Solution: 4 of the sentences are false.

• Jim Randell 18 November 2016 at 7:58 am

Analytically:

If we consider the problem limited to the first two statements only, then they must be both false. So there is a unique answer (of 2 false statements).

We can then expand the problem by considering the first three statements. Statement 3 is true (as there is a unique answer to a problem consisting of just the first two statements), and the first two statements are false. So, again, there is a unique answer (of 2 false statements).

Expanding the problem again by considering the first four statements. Statement 3 is true (as before), but Statements 1, 2 and 4 can be either (False, True, True) or (False, False, False). So there is not a unique answer as there can be 1 false statement or 3 false statements.

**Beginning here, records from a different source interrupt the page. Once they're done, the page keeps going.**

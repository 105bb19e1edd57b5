-- ===== src/Logger/Target.antt =====
-- Logger.hpp: the file that a file strategy appends to.
use study_code.Prelude.{
  ◌≡◌, refl, ap, ◌∙◌, Bool, true, false, [], ◌∷◌, ◌++◌, append_assoc, ◌==◌, if◌then◌else◌,
  Bool-cases, inl, inr,
}
use study_code.Text.{Text, text_eq}
use study_code.Logger.{new_file_strategy, last_is, targetlog}

-- A path as the file system reads it: a row of slashes counts as one. `after` tells whether a slash
-- stands before.
abbrev squeeze : Bool → Text → Text
squeeze after [] = []
squeeze true (c ∷ s) = if c == b'/' then squeeze true s else c ∷ squeeze false s
squeeze false (c ∷ s) = if c == b'/' then c ∷ squeeze true s else c ∷ squeeze false s

abbrev pub resolved : Text → Text
resolved path = squeeze false path

-- A second slash makes no difference.
squeeze_slash :
    (after : Bool) (s rest : Text)
    → squeeze after (s ++ (b'/' ∷ (b'/' ∷ rest))) ≡ squeeze after (s ++ (b'/' ∷ rest))
squeeze_slash true [] rest = refl
squeeze_slash false [] rest = refl
squeeze_slash true (c ∷ s) rest = elim (Bool-cases (c == b'/')) [
  | inl slash ↦ rw slash (squeeze_slash true s rest)
  | inr other ↦ rw other (ap (λ l. c ∷ l) (squeeze_slash false s rest))
]
squeeze_slash false (c ∷ s) rest = elim (Bool-cases (c == b'/')) [
  | inl slash ↦ rw slash (ap (λ l. c ∷ l) (squeeze_slash true s rest))
  | inr other ↦ rw other (ap (λ l. c ∷ l) (squeeze_slash false s rest))
]

pub new_file_strategy-targetlog :
    (exists : Bool) (logpath logfilename : Text)
    → resolved (targetlog (new_file_strategy exists logpath logfilename))
      ≡ resolved (logpath ++ (b'/' ∷ logfilename))
unfolding targetlog new_file_strategy
new_file_strategy-targetlog true logpath logfilename = refl
new_file_strategy-targetlog false logpath logfilename = elim (Bool-cases (last_is b'/' logpath)) [
  | inl slash ↦ rw slash refl
  | inr none_there ↦ elim (Bool-cases (text_eq logpath [])) [
    | inl empty ↦ rw (none_there, empty) refl
    | inr path ↦
        rw (none_there, path)
          (ap (λ p. squeeze false p) (append_assoc logpath (b'/' ∷ []) (b'/' ∷ logfilename))
            ∙ squeeze_slash false logpath logfilename)
  ]
]
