-- ===== src/Logger/Tests.antt =====
-- The logger at a concrete time.
use study_code.Prelude.{◌≡◌, refl, true, Option, some, [], ◌∷◌}
use study_code.Prelude.Int.{pos, ◌+ℤ◌}
use study_code.Text.Decimal.{to_string}
use study_code.Text.{utf8}
use study_code.Logger.{
  fatal, Clock, formatted, get_current_time, new_file_strategy, LogStrategy, file, Sinks, Statement,
  log_all,
}
use study_code.Logger.Lines.{line_of, lines_of, Wrote, log_all-Wrote}
use study_code.Logger.Levels.{level_of, level_of-line_of}

abbrev noon : Clock
noon = record {
  tm_year = pos 126;
  tm_mon = pos 0;
  tm_mday = pos 5;
  tm_hour = pos 12;
  tm_min = pos 0;
  tm_sec = pos 7;
  tv_usec = pos 42;
}

get_current_time-noon : get_current_time noon ≡ utf8 "2026-1-5 12:0:7.42"
unfolding get_current_time formatted utf8 to_string ◌+ℤ◌
get_current_time-noon = refl

abbrev bound : Statement
unfolding utf8
bound = record {
  level = fatal;
  clock = noon;
  pid = pos 77;
  filename = utf8 "Main.cc";
  line = pos 9;
  infos = utf8 "fd:" ∷ utf8 "3" ∷ [];
}

level_of-line_of_example : level_of (line_of bound) ≡ some bound.level
level_of-line_of_example = level_of-line_of bound

abbrev to_file : Option LogStrategy
to_file = some (file (new_file_strategy true (utf8 "./log") (utf8 "log.txt")))

abbrev nothing_yet : Sinks
nothing_yet = record { cerr = []; files = λ path. [] }

log_all-Wrote_example :
    Wrote to_file
      (lines_of (bound ∷ bound ∷ []))
      nothing_yet
      (log_all (λ path. true) to_file (bound ∷ bound ∷ []) nothing_yet)
log_all-Wrote_example = log_all-Wrote (λ path. true) to_file (bound ∷ bound ∷ []) nothing_yet refl
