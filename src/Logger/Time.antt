-- ===== src/Logger/Time.antt =====
-- Logger.hpp: the time of a message fits into its buffer.
use study_code.Prelude.{ℕ, ◌+◌, ◌≤◌, ◌<◌, ◌≡◌, ◌∷◌, ◌++◌, arith, length, length-append}
use study_code.Prelude.Int.{ℤ, pos, negsuc, ◌+ℤ◌}
use study_code.Text.{Text}
use study_code.Text.Search.{take_all}
use study_code.Text.Decimal.{to_string, length-to_string}
use study_code.Logger.{Clock, formatted, get_current_time}

-- The values of an `int`, and of a `long`.
abbrev pub InInt : ℤ → Type 0
InInt (pos n) = n < 2147483648
InInt (negsuc n) = n < 2147483648

abbrev pub InLong : ℤ → Type 0
InLong (pos n) = n < 9223372036854775808
InLong (negsuc n) = n < 9223372036854775808

-- Every number of the format is in its C type, the sums of the year and the month too.
pub record InRange (c : Clock) : Type 0 where
  pub year : InInt (c.tm_year +ℤ pos 1900)
  pub mon : InInt (c.tm_mon +ℤ pos 1)
  pub mday : InInt c.tm_mday
  pub hour : InInt c.tm_hour
  pub min : InInt c.tm_min
  pub sec : InInt c.tm_sec
  pub usec : InLong c.tv_usec

length-int : (z : ℤ) → InInt z → length (to_string z) ≤ 11
length-int (pos n) h = length-to_string 9 (pos n) (omega arith)
length-int (negsuc n) h = length-to_string 9 (negsuc n) (omega arith)

length-long : (z : ℤ) → InLong z → length (to_string z) ≤ 20
length-long (pos n) h = length-to_string 18 (pos n) (omega arith)
length-long (negsuc n) h = length-to_string 18 (negsuc n) (omega arith)

length-between :
    (m k : ℕ) (s : Text) (c : ℕ) (rest : Text)
    → length s ≤ m
    → length rest ≤ k
    → length (s ++ (c ∷ rest)) ≤ m + (1 + k)
length-between m k s c rest h g = omega (arith, length-append s (c ∷ rest))

abbrev behind : ℤ → ℕ → Text → Text
behind z c rest = to_string z ++ (c ∷ rest)

length-behind :
    (k : ℕ) (z : ℤ) (c : ℕ) (rest : Text)
    → InInt z
    → length rest ≤ k
    → length (behind z c rest) ≤ 12 + k
length-behind k z c rest h g =
    omega (arith, length-between 11 k (to_string z) c rest (length-int z h) g)

length-formatted : (c : Clock) → InRange c → length (formatted c) ≤ 127
unfolding formatted
length-formatted c r =
    let usec = to_string c.tv_usec in
    let usec_le = length-long c.tv_usec r.usec in
    let sec = behind c.tm_sec b'.' usec in
    let sec_le = length-behind 20 c.tm_sec b'.' usec r.sec usec_le in
    let min = behind c.tm_min b':' sec in
    let min_le = length-behind 32 c.tm_min b':' sec r.min sec_le in
    let hour = behind c.tm_hour b':' min in
    let hour_le = length-behind 44 c.tm_hour b':' min r.hour min_le in
    let mday = behind c.tm_mday b' ' hour in
    let mday_le = length-behind 56 c.tm_mday b' ' hour r.mday hour_le in
    let mon = behind (c.tm_mon +ℤ pos 1) b'-' mday in
    let mon_le = length-behind 68 (c.tm_mon +ℤ pos 1) b'-' mday r.mon mday_le in
    let year = behind (c.tm_year +ℤ pos 1900) b'-' mon in
    let year_le = length-behind 80 (c.tm_year +ℤ pos 1900) b'-' mon r.year mon_le in
    omega (arith, year_le)

pub get_current_time-formatted : (c : Clock) → InRange c → get_current_time c ≡ formatted c
unfolding get_current_time
get_current_time-formatted c r = take_all 127 (formatted c) (length-formatted c r)
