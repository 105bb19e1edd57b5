-- ===== src/NetCal.antt =====
-- NetCal/Socket.hpp, TcpServer.hpp and InetAddr.hpp: a listening socket, its connections, and addresses.
pub mod Server
pub mod Address
use study_code.Prelude.{
  length, ℕ, ◌%◌, ◌^◌, Bool, true, false, not, ◌&&◌, Option, none, some, List, [], ◌∷◌, ◌++◌, ◌==◌,
  if◌then◌else◌, take, ◌+◌,
}
use study_code.Prelude.Int.{ℤ, pos, minus_one, is_negative, is_zero}
use study_code.Text.{Text, utf8, terminated, text_eq}
use study_code.Text.Decimal.{to_string}
use study_code.Sys.{SysCall, Trace, socket, bind, listen, accept, recv, send, exit}

-- `_sockfd`, which is 0 in a `TcpSocket` that the constructor without arguments makes. Neither
-- destructor does anything.
pub record TcpSocket : Type 0 where
  pub sockfd : ℤ

-- `SOCKET_ERR`, `BIND_ERR` and `LISTEN_ERR`.
abbrev pub socket_err : ℕ
socket_err = 1

abbrev pub bind_err : ℕ
bind_err = 2

abbrev pub listen_err : ℕ
listen_err = 3

-- A step that may end the process.
unfoldable pub create_socket_or_die : ℤ → TcpSocket → Option TcpSocket × Trace
create_socket_or_die ret s =
    if is_negative ret
    then (none, socket ∷ exit socket_err ∷ [])
    else (some (record s { sockfd = ret }), socket ∷ [])

unfoldable pub bind_socket_or_die : ℕ → ℤ → TcpSocket → Option TcpSocket × Trace
bind_socket_or_die port ret s =
    if not (is_zero ret)
    then (none, bind s.sockfd port ∷ exit bind_err ∷ [])
    else (some s, bind s.sockfd port ∷ [])

unfoldable pub listen_socket_or_die : ℤ → TcpSocket → Option TcpSocket × Trace
listen_socket_or_die ret s =
    if not (is_zero ret)
    then (none, listen s.sockfd (pos 16) ∷ exit listen_err ∷ [])
    else (some s, listen s.sockfd (pos 16) ∷ [])

-- One member behind another, where the process still runs.
abbrev pub and_then :
    Option TcpSocket × Trace → (TcpSocket → Option TcpSocket × Trace) → Option TcpSocket × Trace
and_then (none, t) k = (none, t)
and_then (some s, t) k = let r = k s in (r.0, t ++ r.1)

-- What `socket`, `bind` and `listen` return.
pub record Setup : Type 0 where
  pub socket_ret : ℤ
  pub bind_ret : ℤ
  pub listen_ret : ℤ

unfoldable pub build_tcp_socket_method : ℕ → Setup → TcpSocket → Option TcpSocket × Trace
unfolding create_socket_or_die bind_socket_or_die listen_socket_or_die
build_tcp_socket_method port r s =
    and_then (and_then (create_socket_or_die r.socket_ret s) (bind_socket_or_die port r.bind_ret))
      (listen_socket_or_die r.listen_ret)

-- The constructor of `TcpServer`, whose `_listensock` has descriptor 0 at first.
unfoldable pub new_server : ℕ → Setup → Option TcpSocket × Trace
unfolding build_tcp_socket_method
new_server port r = build_tcp_socket_method port r (record { sockfd = pos 0 })

-- `_ip` and `_port`; `_address` holds the same in the form of the system calls.
pub record InetAddr : Type 0 where
  pub ip : Text
  pub port : ℕ

-- `Accept`, where `accept` returns `ret` and the peer: the new socket or a null pointer, and the address
-- behind the reference.
unfoldable pub accept_socket :
    ℤ → InetAddr → TcpSocket → InetAddr → Option TcpSocket × InetAddr × Trace
accept_socket ret peer s clientaddr =
    if is_negative ret
    then (none, clientaddr, accept s.sockfd ∷ [])
    else (some (record { sockfd = ret }), peer, accept s.sockfd ∷ [])

-- Rounds of `Loop`, each with a new `clientaddr`, of which nothing is read before `Accept` sets it. A
-- round's socket goes out of scope at its end, where its destructor does nothing.
unfoldable pub loop : List (ℤ × InetAddr) → InetAddr → TcpSocket → Trace
unfolding accept_socket
loop [] clientaddr s = []
loop ((ret, peer) ∷ rounds) clientaddr s =
    let (sockfd, addr, trace) = accept_socket ret peer s clientaddr in
    trace ++ loop rounds clientaddr s

-- What `recv` gives: bytes, at most 1023 of them, the end of the stream, or an error.
pub data Received : Type 0 where
  got : (bytes : Text) → Received
  failed : Received

-- `Rec`: what it returns, and the string behind its pointer, to which the bytes are appended.
unfoldable pub rec : TcpSocket → Received → Text → ℤ × Text × Trace
rec s failed out = (minus_one, out, recv s.sockfd ∷ [])
rec s (got []) out = (pos 0, out, recv s.sockfd ∷ [])
rec s (got (b ∷ bs)) out =
    (pos (length (take 1023 (b ∷ bs))), out ++ terminated 1023 (b ∷ bs), recv s.sockfd ∷ [])

-- `Send`, where `send` returns `ret`.
unfoldable pub send_text : TcpSocket → Text → ℤ → ℤ × Trace
send_text s in_text ret = (ret, send s.sockfd in_text ∷ [])

-- `Rec` several times into one string.
unfoldable pub rec_all : TcpSocket → List Received → Text → Text
unfolding rec
rec_all s [] out = out
rec_all s (r ∷ rs) out = let (n, out', trace) = rec s r out in rec_all s rs out'

unfoldable pub inet_addr_eq : InetAddr → InetAddr → Bool
inet_addr_eq a b = text_eq a.ip b.ip && (a.port == b.port)

-- `ToString`
unfoldable pub inet_addr_to_string : InetAddr → Text
inet_addr_to_string a = b'[' ∷ (a.ip ++ (b':' ∷ (to_string (pos a.port) ++ (b']' ∷ []))))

So this brings us to the actual problem as stated. Statement 3 is false (as there is not a unique solution for the problem consisting of the first four statements), but statements 1, 2, 4 and 5 can be either of (True, False, False, False) or (False, False, False, True). But whichever set of statements is chosen, 4 of the statements are false, so there is a unique answer to this problem.

2. Jim Randell 19 November 2016 at 6:16 pm

My programmed solution to this puzzle got me thinking about delayed evaluation in Python.

In my program above the value of v3 does not change during the execution of the loop, and is evaluated the first time it is needed, and then that value is reused if it is needed again. This is known as “delayed evaluation” (or “lazy evaluation”).

Suppose we have a function that is “expensive” to call (because it uses a lot of computer resources, probably CPU time).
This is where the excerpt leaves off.